Keeping things simple and easy is important for your wellbeing
We often take our breath for granted and don’t think about the impact of our breath on mind and body but the way we breathe can have a significant impact on our stress levels. To put simply, our breathing becomes rapid and shallow when we feel anxious, frustrated or angry and this can send signals to our brain that we are unsafe and under threat.
Breathing more slowly and steadily can tell our brain that we are safe and calm. Focusing on your breathing regularly by doing some simple breathing exercises or a 5 minute guided meditation can help to recognise unpleasant emotions, distract you from negative thoughts, improve health, concentration, sleep, decision making and increase levels of resilience and still make you feel better and in control. You can find some free guided meditations at THIS LINK
Eating a balanced and healthy diet is important to maintaining energy levels, improving your mood and help you to think more clearly all of which can enable you to make good food choices. A nutritious diet will help you to stay healthy, boost your immune system and help to maintain your body weight even if you are stuck in the house.
Staying physically active will help to boost your energy levels, maintain or lose weight and reduce stress and anxiety. Activities such as walking, stretching, chair-based exercises, gentle yoga, moving around the house or gardening will also help to release the happy hormones and make you feel good.
Keeping your mind active and include activities such as reading, playing games, listening to your favourite music and podcasts will give you a sense of achievement and make you feel good. Engage in your hobbies or use the time to start a new hobby or start a new project or online course that you may not have had the time to do before.
Time may feel like it is going slowly now that you are indoors. Busy to stillness can feel overwhelming and lead to fearful thoughts related to money, health and concern for loved ones. Keeping a routine is important to keep a sense of normalcy and to keep us moving. Most of us have lost our normal external routines. Set your alarm to wake up at a certain time every day, take a shower, change your clothes, and plan your day. A good routine can provide you with a sense of purpose and lift your mood.
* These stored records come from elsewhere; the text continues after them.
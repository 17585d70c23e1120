-- ===== src/Docs/Session/Follows.antt =====
-- The rows shown, against the last value of the input.
use oauth.Prelude.{
  ℕ, ◌≡◌, refl, sym, ap, inl, inr, List, [], ◌∷◌, ◌++◌, Bool, true, false, Option, none, some,
  Bytes, All, length, map,
}
use mathlib.Core.Path.{subst}
use mathlib.Core.Option.{some-injective}
use oauth.Docs.Search.{Entry, partial_search}
use oauth.Docs.Search.Names.{SameNames, SameNames-trans}
use oauth.Docs.Search.Batches.{Judged, Advance, partial_search-Advance}
use oauth.Docs.Session.{
  Session, Li, highlight_lis, flip_li, click_lis, lose_entry, clear_search, search_done,
  settle_batch, run_batch, begin_search, perform_search, update_search_results, expire, run_timeout,
  Event, input, time_out, toggle, click, step, run,
}

-- The value of the input after an event.
unfoldable pub asked_after : Event → Bytes → Bytes
asked_after (input text) asked = text
asked_after _ asked = asked

unfoldable pub asked_by : List Event → Bytes → Bytes
unfolding asked_after
asked_by [] asked = asked
asked_by (e ∷ events) asked = asked_by events (asked_after e asked)

abbrev NotFound : Entry → Type 0
NotFound e = e.found ≡ false

losing : (es : List Entry) → All NotFound (map lose_entry es) × SameNames es (map lose_entry es)
unfolding lose_entry
losing [] = (tt, tt)
losing (e ∷ es) = let (lost, same) = losing es in ((refl, lost), ((refl, refl), same))

module _ (regexp_test : Bytes → Bool → Bytes → Bool)
    (regexp_strong : Bytes → Bool → Bytes → Bytes) where
  -- With no timeout pending: an empty input finds nothing and shows the whole list; for another one,
  -- every item is found exactly when it matches, and the number of results is told.
  abbrev pub Settled : Bytes → Session → Type 0
  Settled [] s = All NotFound s.cache × (s.list_insearch ≡ false) × (s.content_insearch ≡ false)
  Settled (c ∷ text) s =
      All (Judged regexp_test regexp_strong (c ∷ text)) s.cache
      × (s.list_insearch ≡ true)
      × (s.content_insearch ≡ false)
      × (s.results_shown ≡ true)

  -- While a timeout is pending, it is for the value of the input, which is not empty, and the items
  -- before its offset have been judged.
  abbrev pub Searching : Bytes → Bytes → ℕ → Session → Type 0
  Searching [] text offset s = ⊥
  Searching (c ∷ asked) text offset s =
      (text ≡ c ∷ asked)
      × (s.list_insearch ≡ true)
      × (s.content_insearch ≡ true)
      × ((seen : List Entry) × (rest : List Entry) × (s.cache ≡ seen ++ rest)
          × (offset ≡ length seen)
          × All (Judged regexp_test regexp_strong (c ∷ asked)) seen)

  abbrev Following : Bytes → Option (Bytes × ℕ) → Session → Type 0
  Following asked none s = Settled asked s
  Following asked (some (text, offset)) s = Searching asked text offset s

  -- What the list shows follows the value of the input, and the items are those of the page.
  abbrev pub Follows : List Entry → Bytes → Session → Type 0
  Follows items asked s = Following asked s.timeout s × SameNames items s.cache

  settle-Follows :
      (items : List Entry) (c : ℕ) (asked : Bytes) (s : Session) (out : List Entry × Option ℕ)
      (left : ℕ)
      → SameNames items s.cache
      → s.list_insearch ≡ true
      → s.content_insearch ≡ true
      → Advance regexp_test regexp_strong (c ∷ asked) s.cache left out
      → Follows items (c ∷ asked) (settle_batch (c ∷ asked) s out)
  unfolding settle_batch search_done
  settle-Follows items c asked s (cache, none) left same listed busy (inl (last, judged, kept)) =
      ((judged, listed, refl, refl), SameNames-trans items s.cache cache same kept)
  settle-Follows items c asked s (cache, some next) left same listed busy
        (inl (last, judged, kept)) =
      cc
  settle-Follows items c asked s (cache, none) left same listed busy
        (inr (seen, rest, e, judged, fewer, kept)) =
      cc
  settle-Follows items c asked s (cache, some next) left same listed busy
        (inr (seen, rest, e, judged, fewer, kept)) =
      (
        (
          refl,
          listed,
          busy,
          (
            seen,
            rest,
            ap (λ p. p.0) e,
            some-injective next (length seen) (ap (λ p. p.1) e),
            judged,
          ),
        ),
        SameNames-trans items s.cache cache same
            (subst (SameNames s.cache) (sym (ap (λ p. p.0) e)) kept),
      )

  run_batch-Follows :
      (items : List Entry) (c : ℕ) (asked : Bytes) (s : Session) (seen rest : List Entry)
      → SameNames items s.cache
      → s.list_insearch ≡ true
      → s.content_insearch ≡ true
      → s.cache ≡ seen ++ rest
      → All (Judged regexp_test regexp_strong (c ∷ asked)) seen
      → Follows items (c ∷ asked) (run_batch regexp_test regexp_strong (c ∷ asked) (length seen) s)
  unfolding run_batch
  run_batch-Follows items c asked s seen rest same listed busy e judged =
      settle-Follows items c asked s _ (length rest) same listed busy (
        subst
          (λ cache.
            Advance regexp_test regexp_strong (c ∷ asked) cache (length rest)
              (partial_search regexp_test regexp_strong (c ∷ asked) cache (length seen)))
          (sym e) (partial_search-Advance regexp_test regexp_strong (c ∷ asked) seen rest judged))

  input-Follows :
      (items : List Entry) (text : Bytes) (s : Session)
      → SameNames items s.cache
      → Follows items text (update_search_results regexp_test regexp_strong text s)
  unfolding update_search_results perform_search begin_search clear_search
  input-Follows items [] s same =
      let (lost, kept) = losing s.cache in
      ((lost, refl, refl), SameNames-trans items s.cache (map lose_entry s.cache) same kept)
  input-Follows items (c ∷ text) s same =
      run_batch-Follows items c text (begin_search regexp_test regexp_strong s) [] s.cache same refl
        refl refl tt

  expire-Follows :
      (items : List Entry) (asked : Bytes) (timeout : Option (Bytes × ℕ)) (s : Session)
      → s.timeout ≡ timeout
      → Following asked timeout s
      → SameNames items s.cache
      → Follows items asked (expire regexp_test regexp_strong timeout s)
  unfolding expire
  expire-Follows items asked none s e h same = (subst (λ t. Following asked t s) (sym e) h, same)
  expire-Follows items (c ∷ asked) (some (text, offset)) s e
        (is_text, listed, busy, (seen, rest, split, at_seen, judged)) same =
      rw (is_text, at_seen)
        (run_batch-Follows items c asked (record s { timeout = none }) seen rest same listed busy
          split judged)
  expire-Follows items [] (some (text, offset)) s e h same = elim h [ ]

  Following-lis :
      (asked : Bytes) (timeout : Option (Bytes × ℕ)) (s : Session) (lis : List Li)
      (clicked : Option ℕ)
      → Following asked timeout s
      → Following asked timeout (record s { lis = lis; clicked = clicked })
  Following-lis [] none s lis clicked h = h
  Following-lis (c ∷ asked) none s lis clicked h = h
  Following-lis [] (some (text, offset)) s lis clicked h = h
  Following-lis (c ∷ asked) (some (text, offset)) s lis clicked h = h

  -- Every input, timeout and click keeps what the list shows in line with the value of the input.
  pub step-Follows :
      (items : List Entry) (event : Event) (asked : Bytes) (s : Session)
      → Follows items asked s
      → Follows items (asked_after event asked) (step regexp_test regexp_strong event s)
  unfolding step asked_after run_timeout
  step-Follows items (input text) asked s (h, same) = input-Follows items text s same
  step-Follows items time_out asked s (h, same) = expire-Follows items asked s.timeout s refl h same
  step-Follows items (toggle key) asked s (h, same) =
      (Following-lis asked s.timeout s (highlight_lis (map (flip_li key) s.lis)) s.clicked h, same)
  step-Follows items (click key) asked s (h, same) =
      (Following-lis asked s.timeout s (click_lis key s.lis) (some key) h, same)

  -- From a page in line with the value of the input, after any inputs, timeouts and clicks, the list is in line
  -- with the last value of the input: with no timeout pending, an empty value finds nothing, and for
  -- another one every item is found exactly when it matches; while one is pending, it is for this
  -- value, and the items before its offset are judged.
  pub run-Follows :
      (items : List Entry) (events : List Event) (asked : Bytes) (s : Session)
      → Follows items asked s
      → Follows items (asked_by events asked) (run regexp_test regexp_strong events s)
  unfolding run asked_by
  run-Follows items [] asked s h = h
  run-Follows items (e ∷ events) asked s h =
      run-Follows items events (asked_after e asked) (step regexp_test regexp_strong e s)
        (step-Follows items e asked s h)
It can take 18-66 days to form a new habit and to make a positive change. So it’s no wonder that the current situation feels difficult, unsustainable and tiring. We are not operating on autopilot mode like we used to and every action is taking up a lot of energy because it is requiring us to be conscious of it e.g. social distancing, lining up outside the supermarket and the net effect is exhaustion. To re-boost motivation or create a new habit, focus on achieving one thing towards your long-term goals per day. Be kind to yourself and accept that you can only do your best.
It is not uncommon to have thoughts that lead to feelings of fear, anxiety and worry. Stress and boredom can lead to feelings of unpleasantness and the common response to these feelings is to alleviate them temporarily with something within our reach e.g. food, alcohol, gambling, all of which consumed excessively over a period can lead to further health problems. Recognise them and distract them with an activity such as meditation or hobbies that will enable you to stay focused in the present moment.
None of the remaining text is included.